◆ **WHAT TO PRODUCE**:
When the string "that" appears in a line of the records, show the whole line.

[Stored items]

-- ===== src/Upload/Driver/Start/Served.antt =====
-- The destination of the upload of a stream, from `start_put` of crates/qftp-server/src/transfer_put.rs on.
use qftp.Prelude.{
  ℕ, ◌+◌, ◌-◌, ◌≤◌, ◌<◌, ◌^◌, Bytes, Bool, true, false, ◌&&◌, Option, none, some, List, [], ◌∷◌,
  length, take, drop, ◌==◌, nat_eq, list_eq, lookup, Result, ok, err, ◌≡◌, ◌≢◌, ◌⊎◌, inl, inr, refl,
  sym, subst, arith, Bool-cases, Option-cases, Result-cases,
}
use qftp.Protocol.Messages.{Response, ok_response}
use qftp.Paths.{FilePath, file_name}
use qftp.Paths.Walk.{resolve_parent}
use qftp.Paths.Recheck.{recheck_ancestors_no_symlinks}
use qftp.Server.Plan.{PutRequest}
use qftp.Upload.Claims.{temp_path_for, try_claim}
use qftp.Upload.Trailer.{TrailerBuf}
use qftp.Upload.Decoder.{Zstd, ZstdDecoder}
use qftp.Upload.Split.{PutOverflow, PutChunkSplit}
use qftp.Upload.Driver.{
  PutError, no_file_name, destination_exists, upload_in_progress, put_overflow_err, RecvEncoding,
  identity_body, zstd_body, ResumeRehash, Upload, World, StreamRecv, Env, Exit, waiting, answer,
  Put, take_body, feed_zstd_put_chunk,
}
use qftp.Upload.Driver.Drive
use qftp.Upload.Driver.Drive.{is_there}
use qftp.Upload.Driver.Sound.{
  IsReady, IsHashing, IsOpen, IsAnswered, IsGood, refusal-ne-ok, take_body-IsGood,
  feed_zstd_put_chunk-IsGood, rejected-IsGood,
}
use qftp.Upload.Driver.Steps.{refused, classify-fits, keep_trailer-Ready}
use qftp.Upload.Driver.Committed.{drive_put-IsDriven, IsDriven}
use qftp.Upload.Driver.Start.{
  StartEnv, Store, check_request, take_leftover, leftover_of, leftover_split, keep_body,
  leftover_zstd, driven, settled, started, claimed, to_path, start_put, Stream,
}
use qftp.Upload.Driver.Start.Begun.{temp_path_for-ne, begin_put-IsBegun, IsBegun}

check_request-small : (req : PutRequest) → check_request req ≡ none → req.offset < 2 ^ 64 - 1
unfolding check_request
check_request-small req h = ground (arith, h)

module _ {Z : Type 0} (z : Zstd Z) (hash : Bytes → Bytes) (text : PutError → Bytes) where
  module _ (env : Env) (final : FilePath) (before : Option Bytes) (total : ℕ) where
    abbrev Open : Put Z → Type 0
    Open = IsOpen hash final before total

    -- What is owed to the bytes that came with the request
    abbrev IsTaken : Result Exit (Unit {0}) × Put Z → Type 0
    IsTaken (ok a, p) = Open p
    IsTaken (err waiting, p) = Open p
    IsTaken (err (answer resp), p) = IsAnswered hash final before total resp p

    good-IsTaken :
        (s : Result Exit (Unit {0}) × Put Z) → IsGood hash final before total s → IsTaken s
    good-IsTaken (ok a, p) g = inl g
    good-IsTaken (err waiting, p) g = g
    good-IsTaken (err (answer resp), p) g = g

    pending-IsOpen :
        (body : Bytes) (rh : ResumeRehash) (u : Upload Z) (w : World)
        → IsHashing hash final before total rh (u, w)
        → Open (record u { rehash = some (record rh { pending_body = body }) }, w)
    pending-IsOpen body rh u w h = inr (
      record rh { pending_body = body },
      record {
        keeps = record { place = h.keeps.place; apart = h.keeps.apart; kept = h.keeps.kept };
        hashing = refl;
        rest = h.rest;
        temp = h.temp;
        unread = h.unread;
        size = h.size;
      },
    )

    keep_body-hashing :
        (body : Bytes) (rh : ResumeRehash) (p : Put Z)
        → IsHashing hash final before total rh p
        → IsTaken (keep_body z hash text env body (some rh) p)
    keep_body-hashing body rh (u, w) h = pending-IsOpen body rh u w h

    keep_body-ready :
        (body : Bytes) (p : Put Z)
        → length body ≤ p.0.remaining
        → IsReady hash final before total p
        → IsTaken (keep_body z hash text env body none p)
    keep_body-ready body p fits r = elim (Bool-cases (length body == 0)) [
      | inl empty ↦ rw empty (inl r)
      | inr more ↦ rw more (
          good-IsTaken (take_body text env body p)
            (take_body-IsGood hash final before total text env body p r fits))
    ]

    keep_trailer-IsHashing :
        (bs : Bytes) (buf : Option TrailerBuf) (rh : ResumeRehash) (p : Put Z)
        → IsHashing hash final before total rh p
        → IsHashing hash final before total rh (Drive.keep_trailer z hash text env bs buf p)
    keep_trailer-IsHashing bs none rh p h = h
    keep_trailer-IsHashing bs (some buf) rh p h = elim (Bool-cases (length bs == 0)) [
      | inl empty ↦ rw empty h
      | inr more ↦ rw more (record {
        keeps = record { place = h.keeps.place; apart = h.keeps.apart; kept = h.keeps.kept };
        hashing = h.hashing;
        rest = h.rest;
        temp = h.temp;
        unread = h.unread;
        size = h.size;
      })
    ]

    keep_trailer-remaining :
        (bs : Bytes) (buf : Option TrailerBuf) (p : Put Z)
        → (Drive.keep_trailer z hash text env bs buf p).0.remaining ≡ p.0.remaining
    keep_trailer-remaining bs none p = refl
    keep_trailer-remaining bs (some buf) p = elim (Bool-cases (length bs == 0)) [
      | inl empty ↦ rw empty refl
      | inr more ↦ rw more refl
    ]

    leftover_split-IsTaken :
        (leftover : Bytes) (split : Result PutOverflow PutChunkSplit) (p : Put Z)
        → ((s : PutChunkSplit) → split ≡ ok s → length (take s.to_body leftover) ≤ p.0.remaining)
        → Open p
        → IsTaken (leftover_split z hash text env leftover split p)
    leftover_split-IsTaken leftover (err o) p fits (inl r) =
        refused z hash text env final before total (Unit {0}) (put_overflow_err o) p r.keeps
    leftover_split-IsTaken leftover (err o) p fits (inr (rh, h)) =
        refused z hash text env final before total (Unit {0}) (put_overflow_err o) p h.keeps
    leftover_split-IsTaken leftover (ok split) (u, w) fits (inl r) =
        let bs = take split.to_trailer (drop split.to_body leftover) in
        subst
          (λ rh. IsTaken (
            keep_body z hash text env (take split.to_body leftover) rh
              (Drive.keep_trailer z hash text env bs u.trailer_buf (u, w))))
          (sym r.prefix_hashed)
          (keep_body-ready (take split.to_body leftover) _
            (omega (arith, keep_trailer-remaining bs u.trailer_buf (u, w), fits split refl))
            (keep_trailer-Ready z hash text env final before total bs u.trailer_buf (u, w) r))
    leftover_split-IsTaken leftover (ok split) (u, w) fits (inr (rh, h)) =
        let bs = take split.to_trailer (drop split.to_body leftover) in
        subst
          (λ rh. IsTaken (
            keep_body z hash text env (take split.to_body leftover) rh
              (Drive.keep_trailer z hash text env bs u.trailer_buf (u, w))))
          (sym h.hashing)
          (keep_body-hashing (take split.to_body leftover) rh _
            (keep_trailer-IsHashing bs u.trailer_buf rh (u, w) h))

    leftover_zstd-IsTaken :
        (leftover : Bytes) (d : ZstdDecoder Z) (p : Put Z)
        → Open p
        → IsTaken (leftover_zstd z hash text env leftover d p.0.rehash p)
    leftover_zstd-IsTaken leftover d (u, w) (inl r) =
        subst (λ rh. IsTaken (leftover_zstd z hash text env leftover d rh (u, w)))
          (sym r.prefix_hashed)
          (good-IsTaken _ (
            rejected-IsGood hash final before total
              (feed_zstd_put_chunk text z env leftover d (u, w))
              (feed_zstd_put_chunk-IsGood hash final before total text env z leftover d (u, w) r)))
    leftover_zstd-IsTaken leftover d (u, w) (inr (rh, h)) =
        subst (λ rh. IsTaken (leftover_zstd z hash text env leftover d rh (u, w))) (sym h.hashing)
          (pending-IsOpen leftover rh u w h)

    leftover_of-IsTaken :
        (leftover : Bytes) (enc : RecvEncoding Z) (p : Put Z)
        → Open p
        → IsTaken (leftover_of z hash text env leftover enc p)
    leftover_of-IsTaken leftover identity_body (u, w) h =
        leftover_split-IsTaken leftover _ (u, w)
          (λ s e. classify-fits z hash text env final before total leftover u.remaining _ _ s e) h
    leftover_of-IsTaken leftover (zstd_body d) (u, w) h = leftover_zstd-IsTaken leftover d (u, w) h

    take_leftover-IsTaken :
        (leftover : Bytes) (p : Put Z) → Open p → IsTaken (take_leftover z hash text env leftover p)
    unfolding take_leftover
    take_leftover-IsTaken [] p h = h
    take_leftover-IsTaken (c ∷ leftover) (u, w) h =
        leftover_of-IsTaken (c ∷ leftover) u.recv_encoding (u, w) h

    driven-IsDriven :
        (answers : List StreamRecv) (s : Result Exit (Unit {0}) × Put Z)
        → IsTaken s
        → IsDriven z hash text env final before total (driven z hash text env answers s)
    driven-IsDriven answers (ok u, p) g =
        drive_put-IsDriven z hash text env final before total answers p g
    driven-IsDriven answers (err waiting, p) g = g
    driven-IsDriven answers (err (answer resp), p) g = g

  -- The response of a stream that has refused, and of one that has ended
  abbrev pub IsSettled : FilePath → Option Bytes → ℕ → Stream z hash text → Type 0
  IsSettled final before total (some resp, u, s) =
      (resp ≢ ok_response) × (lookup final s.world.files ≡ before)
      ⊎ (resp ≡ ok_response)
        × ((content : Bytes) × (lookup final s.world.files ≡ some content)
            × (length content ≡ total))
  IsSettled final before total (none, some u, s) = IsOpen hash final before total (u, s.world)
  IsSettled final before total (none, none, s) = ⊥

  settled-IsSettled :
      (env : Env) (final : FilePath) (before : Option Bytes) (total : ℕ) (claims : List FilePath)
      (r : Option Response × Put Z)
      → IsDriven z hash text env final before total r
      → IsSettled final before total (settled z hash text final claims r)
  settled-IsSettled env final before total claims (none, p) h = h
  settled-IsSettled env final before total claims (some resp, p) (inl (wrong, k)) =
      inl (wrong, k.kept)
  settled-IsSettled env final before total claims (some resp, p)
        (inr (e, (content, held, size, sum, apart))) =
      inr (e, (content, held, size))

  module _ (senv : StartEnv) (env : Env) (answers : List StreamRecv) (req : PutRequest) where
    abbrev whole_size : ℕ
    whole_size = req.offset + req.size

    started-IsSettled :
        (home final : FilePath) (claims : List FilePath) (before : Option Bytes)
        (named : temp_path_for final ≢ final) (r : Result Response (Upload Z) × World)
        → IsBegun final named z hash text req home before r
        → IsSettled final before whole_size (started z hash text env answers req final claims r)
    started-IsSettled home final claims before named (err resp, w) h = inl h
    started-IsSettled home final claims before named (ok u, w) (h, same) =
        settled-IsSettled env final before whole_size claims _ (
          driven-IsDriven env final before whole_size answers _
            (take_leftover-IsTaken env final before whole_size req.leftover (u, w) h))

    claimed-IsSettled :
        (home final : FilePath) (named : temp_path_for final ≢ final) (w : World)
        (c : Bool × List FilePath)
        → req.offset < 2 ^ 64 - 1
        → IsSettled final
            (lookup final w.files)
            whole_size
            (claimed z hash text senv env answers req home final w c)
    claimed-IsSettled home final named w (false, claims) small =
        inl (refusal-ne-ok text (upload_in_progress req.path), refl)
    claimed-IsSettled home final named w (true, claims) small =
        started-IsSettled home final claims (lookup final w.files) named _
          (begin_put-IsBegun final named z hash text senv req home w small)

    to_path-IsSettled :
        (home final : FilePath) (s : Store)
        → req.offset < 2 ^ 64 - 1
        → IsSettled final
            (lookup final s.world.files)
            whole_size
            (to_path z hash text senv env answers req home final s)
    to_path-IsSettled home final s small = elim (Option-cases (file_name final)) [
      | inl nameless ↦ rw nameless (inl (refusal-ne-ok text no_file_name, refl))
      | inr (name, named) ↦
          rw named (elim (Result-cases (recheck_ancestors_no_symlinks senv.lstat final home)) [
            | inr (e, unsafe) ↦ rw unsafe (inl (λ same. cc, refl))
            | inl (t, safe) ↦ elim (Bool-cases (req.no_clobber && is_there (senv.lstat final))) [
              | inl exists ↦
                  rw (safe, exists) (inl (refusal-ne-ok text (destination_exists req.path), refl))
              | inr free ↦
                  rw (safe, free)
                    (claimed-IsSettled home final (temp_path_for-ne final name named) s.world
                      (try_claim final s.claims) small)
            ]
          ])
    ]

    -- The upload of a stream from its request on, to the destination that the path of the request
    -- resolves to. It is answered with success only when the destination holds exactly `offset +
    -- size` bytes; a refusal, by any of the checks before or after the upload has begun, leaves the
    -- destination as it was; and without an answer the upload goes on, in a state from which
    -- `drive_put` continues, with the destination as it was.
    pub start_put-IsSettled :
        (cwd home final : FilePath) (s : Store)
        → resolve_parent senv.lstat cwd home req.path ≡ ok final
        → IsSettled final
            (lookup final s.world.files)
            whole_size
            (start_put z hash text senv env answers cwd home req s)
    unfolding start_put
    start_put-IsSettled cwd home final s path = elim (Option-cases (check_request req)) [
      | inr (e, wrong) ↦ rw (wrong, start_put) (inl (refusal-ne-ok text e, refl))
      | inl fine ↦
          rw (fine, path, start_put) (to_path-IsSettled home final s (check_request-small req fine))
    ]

---

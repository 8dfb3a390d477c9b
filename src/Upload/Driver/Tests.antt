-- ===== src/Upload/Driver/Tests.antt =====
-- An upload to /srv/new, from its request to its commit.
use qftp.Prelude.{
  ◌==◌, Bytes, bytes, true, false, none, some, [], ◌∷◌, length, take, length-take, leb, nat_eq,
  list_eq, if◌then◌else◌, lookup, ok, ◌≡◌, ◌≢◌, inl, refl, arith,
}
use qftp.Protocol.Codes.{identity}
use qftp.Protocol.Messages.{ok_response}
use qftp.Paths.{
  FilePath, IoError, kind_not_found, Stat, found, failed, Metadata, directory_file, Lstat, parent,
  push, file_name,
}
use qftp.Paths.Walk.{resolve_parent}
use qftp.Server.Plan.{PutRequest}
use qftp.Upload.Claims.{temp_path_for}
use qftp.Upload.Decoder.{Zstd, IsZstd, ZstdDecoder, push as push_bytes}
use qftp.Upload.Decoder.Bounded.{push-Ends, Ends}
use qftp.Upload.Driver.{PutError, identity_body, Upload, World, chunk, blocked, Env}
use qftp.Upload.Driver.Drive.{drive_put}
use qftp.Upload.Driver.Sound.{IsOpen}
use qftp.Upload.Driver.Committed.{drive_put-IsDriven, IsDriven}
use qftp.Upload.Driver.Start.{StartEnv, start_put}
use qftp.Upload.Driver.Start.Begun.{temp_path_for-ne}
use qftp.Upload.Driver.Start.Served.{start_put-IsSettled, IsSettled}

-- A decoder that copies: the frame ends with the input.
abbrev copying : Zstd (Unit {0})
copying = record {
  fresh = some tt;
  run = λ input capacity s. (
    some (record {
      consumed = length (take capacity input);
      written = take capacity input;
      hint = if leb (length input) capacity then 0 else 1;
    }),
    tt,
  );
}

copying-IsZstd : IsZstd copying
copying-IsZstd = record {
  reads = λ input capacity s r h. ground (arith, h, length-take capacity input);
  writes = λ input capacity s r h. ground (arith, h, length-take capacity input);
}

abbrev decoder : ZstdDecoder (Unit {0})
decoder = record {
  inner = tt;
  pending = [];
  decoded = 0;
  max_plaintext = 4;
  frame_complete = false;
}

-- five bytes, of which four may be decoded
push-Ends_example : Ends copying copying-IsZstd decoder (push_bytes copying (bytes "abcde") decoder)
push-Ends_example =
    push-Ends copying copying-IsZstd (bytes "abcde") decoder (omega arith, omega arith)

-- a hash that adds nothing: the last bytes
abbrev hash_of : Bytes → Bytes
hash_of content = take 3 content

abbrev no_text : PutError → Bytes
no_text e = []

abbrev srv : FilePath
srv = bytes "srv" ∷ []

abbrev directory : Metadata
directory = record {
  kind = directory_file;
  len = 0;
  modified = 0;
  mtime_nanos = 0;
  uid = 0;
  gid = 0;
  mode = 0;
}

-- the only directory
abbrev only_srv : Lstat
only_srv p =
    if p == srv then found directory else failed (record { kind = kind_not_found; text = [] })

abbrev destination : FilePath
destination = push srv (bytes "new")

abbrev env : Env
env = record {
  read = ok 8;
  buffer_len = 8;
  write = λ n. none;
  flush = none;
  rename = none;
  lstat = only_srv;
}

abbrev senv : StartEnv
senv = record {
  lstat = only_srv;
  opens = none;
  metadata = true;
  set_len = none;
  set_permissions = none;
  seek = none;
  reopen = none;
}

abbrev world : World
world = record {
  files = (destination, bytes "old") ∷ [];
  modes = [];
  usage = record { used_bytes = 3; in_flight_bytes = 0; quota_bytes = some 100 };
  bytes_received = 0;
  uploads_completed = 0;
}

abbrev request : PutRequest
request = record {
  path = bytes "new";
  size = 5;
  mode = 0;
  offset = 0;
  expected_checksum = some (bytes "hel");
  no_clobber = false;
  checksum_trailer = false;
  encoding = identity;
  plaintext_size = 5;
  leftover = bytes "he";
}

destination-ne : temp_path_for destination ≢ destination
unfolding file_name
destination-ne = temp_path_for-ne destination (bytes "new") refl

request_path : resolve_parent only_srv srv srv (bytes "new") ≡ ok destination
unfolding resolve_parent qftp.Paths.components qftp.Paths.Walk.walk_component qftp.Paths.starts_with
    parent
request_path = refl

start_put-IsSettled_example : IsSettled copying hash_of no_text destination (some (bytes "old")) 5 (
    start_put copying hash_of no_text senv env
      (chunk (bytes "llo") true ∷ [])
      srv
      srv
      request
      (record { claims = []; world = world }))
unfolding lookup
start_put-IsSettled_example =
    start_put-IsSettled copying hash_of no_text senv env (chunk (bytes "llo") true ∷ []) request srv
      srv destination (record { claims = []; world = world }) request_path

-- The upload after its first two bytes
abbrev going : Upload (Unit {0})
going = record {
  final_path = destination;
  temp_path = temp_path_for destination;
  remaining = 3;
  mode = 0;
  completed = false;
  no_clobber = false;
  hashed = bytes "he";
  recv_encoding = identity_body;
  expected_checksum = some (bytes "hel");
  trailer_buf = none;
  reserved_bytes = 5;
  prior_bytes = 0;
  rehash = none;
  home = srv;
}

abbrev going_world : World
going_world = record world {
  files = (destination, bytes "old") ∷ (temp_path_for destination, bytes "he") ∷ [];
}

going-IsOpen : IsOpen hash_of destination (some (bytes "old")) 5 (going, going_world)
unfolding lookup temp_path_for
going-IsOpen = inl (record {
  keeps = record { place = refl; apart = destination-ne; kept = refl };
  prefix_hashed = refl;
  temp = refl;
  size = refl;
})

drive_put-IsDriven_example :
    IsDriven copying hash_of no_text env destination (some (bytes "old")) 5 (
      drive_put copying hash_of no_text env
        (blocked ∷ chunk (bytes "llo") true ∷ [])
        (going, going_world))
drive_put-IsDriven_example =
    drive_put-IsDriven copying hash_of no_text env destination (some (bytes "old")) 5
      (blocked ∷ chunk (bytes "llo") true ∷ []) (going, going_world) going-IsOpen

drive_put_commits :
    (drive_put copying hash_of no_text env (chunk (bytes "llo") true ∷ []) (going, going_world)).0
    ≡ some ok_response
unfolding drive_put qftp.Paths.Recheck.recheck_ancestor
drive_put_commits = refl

---

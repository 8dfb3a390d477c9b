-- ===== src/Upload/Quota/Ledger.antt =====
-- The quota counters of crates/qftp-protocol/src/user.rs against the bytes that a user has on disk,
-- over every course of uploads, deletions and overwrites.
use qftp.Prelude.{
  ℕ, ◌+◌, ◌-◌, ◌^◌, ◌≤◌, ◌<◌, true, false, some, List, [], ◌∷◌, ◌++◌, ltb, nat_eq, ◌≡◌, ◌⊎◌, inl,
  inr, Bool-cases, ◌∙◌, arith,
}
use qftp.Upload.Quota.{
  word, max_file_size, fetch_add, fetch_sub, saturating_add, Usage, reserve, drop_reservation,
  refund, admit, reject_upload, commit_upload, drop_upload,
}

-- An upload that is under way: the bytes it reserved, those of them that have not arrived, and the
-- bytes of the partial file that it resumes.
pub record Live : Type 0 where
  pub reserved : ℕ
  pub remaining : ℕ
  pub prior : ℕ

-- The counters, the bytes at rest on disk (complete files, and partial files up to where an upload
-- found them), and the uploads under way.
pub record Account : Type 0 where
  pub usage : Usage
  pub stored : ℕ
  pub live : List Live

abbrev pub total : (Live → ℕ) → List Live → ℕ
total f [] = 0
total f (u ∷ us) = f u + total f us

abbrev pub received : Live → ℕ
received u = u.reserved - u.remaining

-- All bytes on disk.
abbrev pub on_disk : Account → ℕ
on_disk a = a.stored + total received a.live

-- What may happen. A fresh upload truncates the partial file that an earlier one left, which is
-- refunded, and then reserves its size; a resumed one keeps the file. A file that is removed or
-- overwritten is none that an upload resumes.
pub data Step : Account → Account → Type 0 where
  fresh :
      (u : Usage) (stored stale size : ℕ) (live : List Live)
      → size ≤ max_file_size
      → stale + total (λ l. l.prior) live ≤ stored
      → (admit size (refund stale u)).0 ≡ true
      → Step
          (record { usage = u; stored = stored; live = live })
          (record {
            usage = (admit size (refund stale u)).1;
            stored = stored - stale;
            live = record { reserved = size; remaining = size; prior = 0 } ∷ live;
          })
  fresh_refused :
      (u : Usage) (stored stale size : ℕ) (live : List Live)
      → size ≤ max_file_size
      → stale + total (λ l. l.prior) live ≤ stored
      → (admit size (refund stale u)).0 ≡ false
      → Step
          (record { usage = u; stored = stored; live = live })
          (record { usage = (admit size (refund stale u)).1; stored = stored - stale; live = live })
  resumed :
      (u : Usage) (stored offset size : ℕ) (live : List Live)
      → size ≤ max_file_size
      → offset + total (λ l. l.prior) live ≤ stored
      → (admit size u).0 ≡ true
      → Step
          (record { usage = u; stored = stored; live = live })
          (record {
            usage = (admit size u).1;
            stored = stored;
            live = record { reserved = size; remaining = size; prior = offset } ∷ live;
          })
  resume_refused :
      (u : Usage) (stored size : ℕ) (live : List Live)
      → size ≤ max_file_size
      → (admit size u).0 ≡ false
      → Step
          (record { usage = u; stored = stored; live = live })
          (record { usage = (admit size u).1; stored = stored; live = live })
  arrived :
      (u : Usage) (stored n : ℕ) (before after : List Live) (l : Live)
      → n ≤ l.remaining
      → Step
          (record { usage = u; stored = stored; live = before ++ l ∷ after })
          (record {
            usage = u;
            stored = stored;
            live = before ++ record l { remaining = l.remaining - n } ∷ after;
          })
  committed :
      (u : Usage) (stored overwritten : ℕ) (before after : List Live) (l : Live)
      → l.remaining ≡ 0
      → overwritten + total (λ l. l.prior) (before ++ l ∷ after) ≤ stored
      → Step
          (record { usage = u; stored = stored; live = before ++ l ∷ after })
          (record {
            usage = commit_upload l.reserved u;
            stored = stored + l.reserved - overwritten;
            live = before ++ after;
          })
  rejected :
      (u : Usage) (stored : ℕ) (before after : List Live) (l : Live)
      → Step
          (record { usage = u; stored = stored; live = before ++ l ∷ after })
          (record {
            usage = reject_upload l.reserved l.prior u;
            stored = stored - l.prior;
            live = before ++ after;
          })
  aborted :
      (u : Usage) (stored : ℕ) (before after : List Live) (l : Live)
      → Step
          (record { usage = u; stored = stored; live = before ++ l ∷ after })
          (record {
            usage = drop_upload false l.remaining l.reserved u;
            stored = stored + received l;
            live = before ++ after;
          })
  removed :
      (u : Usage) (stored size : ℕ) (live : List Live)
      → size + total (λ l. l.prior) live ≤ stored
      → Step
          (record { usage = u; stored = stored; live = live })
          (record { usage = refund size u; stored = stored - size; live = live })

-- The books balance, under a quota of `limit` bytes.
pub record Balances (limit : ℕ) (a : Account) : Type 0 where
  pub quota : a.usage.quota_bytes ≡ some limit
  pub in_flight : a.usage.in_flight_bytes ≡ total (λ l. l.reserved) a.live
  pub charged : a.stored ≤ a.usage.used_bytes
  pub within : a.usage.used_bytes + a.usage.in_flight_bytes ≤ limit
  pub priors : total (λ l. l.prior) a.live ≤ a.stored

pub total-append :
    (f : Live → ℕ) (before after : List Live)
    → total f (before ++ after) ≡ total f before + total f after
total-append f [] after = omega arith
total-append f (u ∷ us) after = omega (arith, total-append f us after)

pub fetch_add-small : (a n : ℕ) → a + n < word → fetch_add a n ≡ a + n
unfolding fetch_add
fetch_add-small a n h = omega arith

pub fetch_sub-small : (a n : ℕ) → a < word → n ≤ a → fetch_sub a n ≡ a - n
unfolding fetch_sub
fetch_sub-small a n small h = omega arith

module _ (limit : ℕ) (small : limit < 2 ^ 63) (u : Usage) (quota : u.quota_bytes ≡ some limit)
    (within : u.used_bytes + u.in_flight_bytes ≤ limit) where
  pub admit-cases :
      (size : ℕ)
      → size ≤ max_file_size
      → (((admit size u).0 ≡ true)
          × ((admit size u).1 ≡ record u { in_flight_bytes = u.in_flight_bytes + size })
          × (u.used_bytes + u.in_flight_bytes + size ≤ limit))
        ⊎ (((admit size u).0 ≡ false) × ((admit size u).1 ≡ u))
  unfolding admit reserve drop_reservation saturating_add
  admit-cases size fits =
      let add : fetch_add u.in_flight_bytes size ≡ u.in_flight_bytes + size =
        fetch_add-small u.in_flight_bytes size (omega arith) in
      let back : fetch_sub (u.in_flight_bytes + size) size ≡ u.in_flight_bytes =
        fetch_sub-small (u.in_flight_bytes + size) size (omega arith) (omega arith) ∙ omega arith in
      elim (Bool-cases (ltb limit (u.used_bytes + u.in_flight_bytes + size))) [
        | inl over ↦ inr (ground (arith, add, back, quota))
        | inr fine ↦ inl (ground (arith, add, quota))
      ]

◆ **RESULT OF THE EXERCISE**:
    -- What is owed to the bytes that came with the request
  -- The response of a stream that has refused, and of one that has ended
    -- The upload of a stream from its request on, to the destination that the path of the request
-- A decoder that copies: the frame ends with the input.
-- a hash that adds nothing: the last bytes
-- The quota counters of crates/qftp-protocol/src/user.rs against the bytes that a user has on disk,
-- An upload that is under way: the bytes it reserved, those of them that have not arrived, and the
-- bytes of the partial file that it resumes.
-- What may happen. A fresh upload truncates the partial file that an earlier one left, which is
-- refunded, and then reserves its size; a resumed one keeps the file. A file that is removed or
-- overwritten is none that an upload resumes.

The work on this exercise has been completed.